Yale gets record number of applications again, less than 5% will get in

"Yale University has received a record number of applications for the fourth year in a row, with 36,829 high school students seeking one of about 1,570 spots in the class of 2023, according to Admissions Office spokesman Mark Dunn.

The number is 4.3 percent higher than last year’s record of 35,305 applicants, which was itself 7.3 percent larger than in 2017, according to figures supplied by Dunn." …

https://www.nhregister.com/news/article/Yale-gets-record-number-of-applications-again-13561638.php

Actually, Yale will probably accept about 2,250 (last year 2,229, year before 2,272) to build a class of 1,570, or about a 6.1% overall admissions rate.

If the press releases have been correct: 6,016 applied SCEA, 56% of those deferred (3,369) and 794 accepted, so 1,853 rejected so far. That means RD round has 34,182 students (36,829 total apps minus 794 accepted minus 1,853 rejected). Using @bksquared’s number of 2,250 estimated total acceptances, RD acceptance rate will be about 4.3%. (1,456 projected RD acceptances (2,250 minus 794) divided by 34,182). Every year I wonder how much lower can things go? It reminds me of Frank Bruni’s satire article of a few years ago https://www.nytimes.com/2016/03/30/opinion/college-admissions-shocker.html?_r=1

It will keep on dropping as long as the number of delusional kids who “have always dreamed of going to Yale” but don’t have the stats, or do have the stats and think that, just because their stats are above average for Yale accepted students that Yale is a match, keeps on increasing.

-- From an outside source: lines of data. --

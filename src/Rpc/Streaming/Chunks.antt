-- ===== src/Rpc/Streaming/Chunks.antt =====
-- The chunk mode of `Write` against the bytes of its input (rupicolarpc/streaming.go).
use rupicola_go.Base.{
  ℕ, zero, suc, ◌+◌, ◌-◌, ◌%◌, ◌≤◌, ◌<◌, Bytes, List, [], ◌∷◌, ◌++◌, append_assoc, length,
  length-append, length-take, length-drop, take, drop, take-append-drop, flatten, true, false, none,
  ◌≡◌, ◌≢◌, refl, ap, ◌∙◌, arith, nat_eq, ltb, All, Bool-cases, inl, inr,
}
use native.Mathlib.Nat.{mod_self, mod-eq_of_lt}
use rupicola_go.Rpc.Value.{byte_line}
use rupicola_go.Rpc.Limit.{Outcome, ◌or_return◌, or_return-cong}
use rupicola_go.Rpc.Base.{Env}
use rupicola_go.Rpc.Streaming.{Streaming, send, reset, commit, write_chunks, write_body}
use rupicola_go.Rpc.Streaming.Lines.{outcome}

module _ (E : Env) where
  -- Each chunk is sent as an object of bytes, in order; the rest waits in the buffer.
  unfoldable pub deliver_chunks : List Bytes → Bytes → Streaming E.Sink → Outcome (Streaming E.Sink)
  deliver_chunks [] rest b = (none, record b { buffer = rest })
  deliver_chunks (c ∷ cs) rest b =
      send E (byte_line c b.base.id) (reset E b) or_return deliver_chunks cs rest

  -- The chunks and the rest of a text, for a chunk size.
  pub record Cut (size : ℕ) (p : Bytes) (cs : List Bytes) (rest : Bytes) : Type 0 where
    pub whole : flatten cs ++ rest ≡ p
    pub full : All (λ c. length c ≡ size) cs
    pub short : length rest ≤ size

  write_chunks-last :
      (fuel : ℕ) (p : Bytes) (n : ℕ) (b : Streaming E.Sink)
      → ltb b.chunk_size (length p) ≡ false
      → outcome (write_chunks E (suc fuel) p n (reset E b)) ≡ (none, record b { buffer = p })
  unfolding write_chunks
  write_chunks-last fuel p n b h = ground arith

  write_chunks-more :
      (fuel : ℕ) (p : Bytes) (n : ℕ) (b : Streaming E.Sink)
      → ltb b.chunk_size (length p) ≡ true
      → outcome (write_chunks E (suc fuel) p n (reset E b)) ≡ (
          send E (byte_line (take b.chunk_size p) b.base.id) (reset E b) or_return λ b'.
          outcome (write_chunks E fuel (drop b.chunk_size p) (n + b.chunk_size) b'))
  unfolding write_chunks
  write_chunks-more fuel p n b h = ground arith

  Cut-more :
      (size : ℕ) (p : Bytes) (cs : List Bytes) (rest : Bytes)
      → size < length p
      → Cut size (drop size p) cs rest
      → Cut size p (take size p ∷ cs) rest
  Cut-more size p cs rest long cut = record {
    whole =
        append_assoc (take size p) (flatten cs) rest
        ∙ ap (λ (q : Bytes). take size p ++ q) cut.whole
        ∙ take-append-drop size p;
    full = (omega (arith, length-take size p), cut.full);
    short = cut.short;
  }

  write_chunks-deliver :
      (fuel : ℕ) (p : Bytes) (n : ℕ) (b : Streaming E.Sink)
      → 0 < b.chunk_size
      → length p ≤ fuel
      → (cs : List Bytes) × (rest : Bytes) × (outcome (write_chunks E fuel p n (reset E b))
          ≡ deliver_chunks cs rest b)
        × Cut b.chunk_size p cs rest
  unfolding write_chunks deliver_chunks send
  write_chunks-deliver zero p n b h k =
      ([], p, refl, record { whole = refl; full = tt; short = omega arith })
  write_chunks-deliver (suc fuel) p n b h k = elim (Bool-cases (ltb b.chunk_size (length p))) [
    | inr e ↦ (
      [],
      p,
      write_chunks-last fuel p n b e,
      record { whole = refl; full = tt; short = ground arith },
    )
    | inl e ↦
        let size = b.chunk_size in
        let sent = send E (byte_line (take size p) b.base.id) (reset E b) in
        let long : size < length p = ground arith in
        let (cs, rest, same, cut) =
          write_chunks-deliver fuel (drop size p) (n + size) sent.1 h
            (omega (arith, length-drop size p)) in
        (
          take size p ∷ cs,
          rest,
          write_chunks-more fuel p n b e ∙ or_return-cong sent _ _ (λ _. same),
          Cut-more size p cs rest long cut,
        )
  ]

  -- The bytes that fill up what waits: none if nothing waits, and otherwise those missing.
  missing_bytes :
      (size held : ℕ) → held ≤ size → 0 < size → held ≢ 0 → held + (size - held) % size ≡ size
  missing_bytes size held h k l =
      omega (arith, mod-eq_of_lt {n = size - held} {m = size} (omega arith))

  no_missing : (size : ℕ) → (size - 0) % size ≡ 0
  no_missing size = ap (λ (n : ℕ). n % size) (omega arith) ∙ mod_self size

  abbrev missing : Bytes → Streaming E.Sink → ℕ
  missing held b = (b.chunk_size - length held) % b.chunk_size

  -- The branches of Write, for a response that holds some bytes.
  write_body-short :
      (held p : Bytes) (b : Streaming E.Sink)
      → length p + length held < b.chunk_size
      → outcome (write_body E p (record b { buffer = held }))
        ≡ (none, record b { buffer = held ++ p })
  unfolding write_body
  write_body-short held p b h = ground arith

  write_body-full :
      (held p : Bytes) (b : Streaming E.Sink)
      → 0 < b.chunk_size
      → b.chunk_size ≤ length p + length held
      → outcome (write_body E p (record b { buffer = held })) ≡ (
          commit E (record b { buffer = held ++ take (missing held b) p }) or_return λ b'.
          outcome (write_chunks E (length p) (drop (missing held b) p) (missing held b) b'))
  unfolding write_body
  write_body-full held p b h k = ground arith

  commit-chunk :
      (held : Bytes) (b : Streaming E.Sink)
      → 0 < b.chunk_size
      → 0 < length held
      → commit E (record b { buffer = held }) ≡ send E (byte_line held b.base.id) (reset E b)
  unfolding commit send
  commit-chunk held b h k = ground arith

  -- What is sent, for all branches.
  unfoldable pub Sends : Bytes → Bytes → Streaming E.Sink → Type 0
  Sends held p b =
      (cs : List Bytes) × (rest : Bytes) × (outcome (write_body E p (record b { buffer = held }))
        ≡ deliver_chunks cs rest b)
      × Cut b.chunk_size (held ++ p) cs rest

  Sends-short :
      (held p : Bytes) (b : Streaming E.Sink)
      → length p + length held < b.chunk_size
      → Sends held p b
  unfolding Sends deliver_chunks
  Sends-short held p b h = (
    [],
    held ++ p,
    write_body-short held p b h,
    record { whole = refl; full = tt; short = omega (arith, length-append held p) },
  )

  Sends-empty :
      (p : Bytes) (b : Streaming E.Sink)
      → 0 < b.chunk_size
      → b.chunk_size ≤ length p + 0
      → Sends [] p b
  unfolding Sends commit
  Sends-empty p b h k =
      let (cs, rest, same, cut) = write_chunks-deliver (length p) p 0 b h (omega arith) in
      (
        cs,
        rest,
        write_body-full [] p b h k
            ∙ ap
                (λ (n : ℕ). commit E (record b { buffer = take n p }) or_return λ b'.
                  outcome (write_chunks E (length p) (drop n p) n b'))
                (no_missing b.chunk_size)
            ∙ same,
        cut,
      )

  Sends-held :
      (held p : Bytes) (b : Streaming E.Sink)
      → 0 < b.chunk_size
      → 0 < length held
      → length held ≤ b.chunk_size
      → b.chunk_size ≤ length p + length held
      → Sends held p b
  unfolding Sends deliver_chunks send
  Sends-held held p b h l k full =
      let n = missing held b in
      let filled = held ++ take n p in
      let size : length filled ≡ b.chunk_size = omega (
        arith,
        length-append held (take n p),
        length-take n p,
        missing_bytes b.chunk_size (length held) k h (λ e. omega (arith, e)),
      ) in
      let sent = send E (byte_line filled b.base.id) (reset E b) in
      let (cs, rest, same, cut) =
        write_chunks-deliver (length p) (drop n p) n sent.1 h (omega (arith, length-drop n p)) in
      (
        filled ∷ cs,
        rest,
        write_body-full held p b h full
            ∙ ap
                (λ (o : Outcome (Streaming E.Sink)).
                  o or_return λ b'. outcome (write_chunks E (length p) (drop n p) n b'))
                (commit-chunk filled b h (omega (arith, size)))
            ∙ or_return-cong sent _ _ (λ _. same),
        record {
          whole =
              append_assoc filled (flatten cs) rest
              ∙ ap (λ (q : Bytes). filled ++ q) cut.whole
              ∙ append_assoc held (take n p) (drop n p)
              ∙ ap (λ (q : Bytes). held ++ q) (take-append-drop n p);
          full = (size, cut.full);
          short = cut.short;
        },
      )

  Sends-full :
      (held p : Bytes) (b : Streaming E.Sink)
      → 0 < b.chunk_size
      → length held ≤ b.chunk_size
      → b.chunk_size ≤ length p + length held
      → Sends held p b
  Sends-full [] p b h k full = Sends-empty p b h full
  Sends-full (x ∷ held) p b h k full = Sends-held (x ∷ held) p b h (omega arith) k full

  pub Sends-any :
      (held p : Bytes) (b : Streaming E.Sink)
      → 0 < b.chunk_size
      → length held ≤ b.chunk_size
      → Sends held p b
  Sends-any held p b h k = elim (Bool-cases (ltb (length p + length held) b.chunk_size)) [
    | inl e ↦ Sends-short held p b (ground arith)
    | inr e ↦ Sends-full held p b h k (ground arith)
  ]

The more kids want to go, the more “prestigious” it gets because it’s difficult to get into, the more students will keep on applying. Tis a positive feedback loop, and will keep on going until the system collapses. This will likely happen when the number of applications is too large for them to be handled by regular staff, and their “holistic” system falls apart, or when the actual acceptance criteria become common knowledge, and 50% of all applicants realize that they have no chance, despite stellar stats and ECs.

Either that, or when people start having a basic understanding of statistics, which means sometime in the next millennium. Maybe.

In any case, not in the next few years.

As one of Yale’s obscurer Profs, Aristotle (Yogi) Berra, Ph.D., once theorized: “When a school attains a given level of popularity no one will any longer go to it.”

The reality is, the true admission rate for unhooked kids at places like Yale is so low, it’s probably not even worth applying no matter what kind of stats you have. I mean, if you look at Naviance and see that not a single kid from you high school has gotten into Yale (or Harvard, Stanford etc …) in the past ten years, what does that tell you? I actually think that a lot of high stat kids have figured this out already, but obviously not enough to lower the number of applications, at least not yet.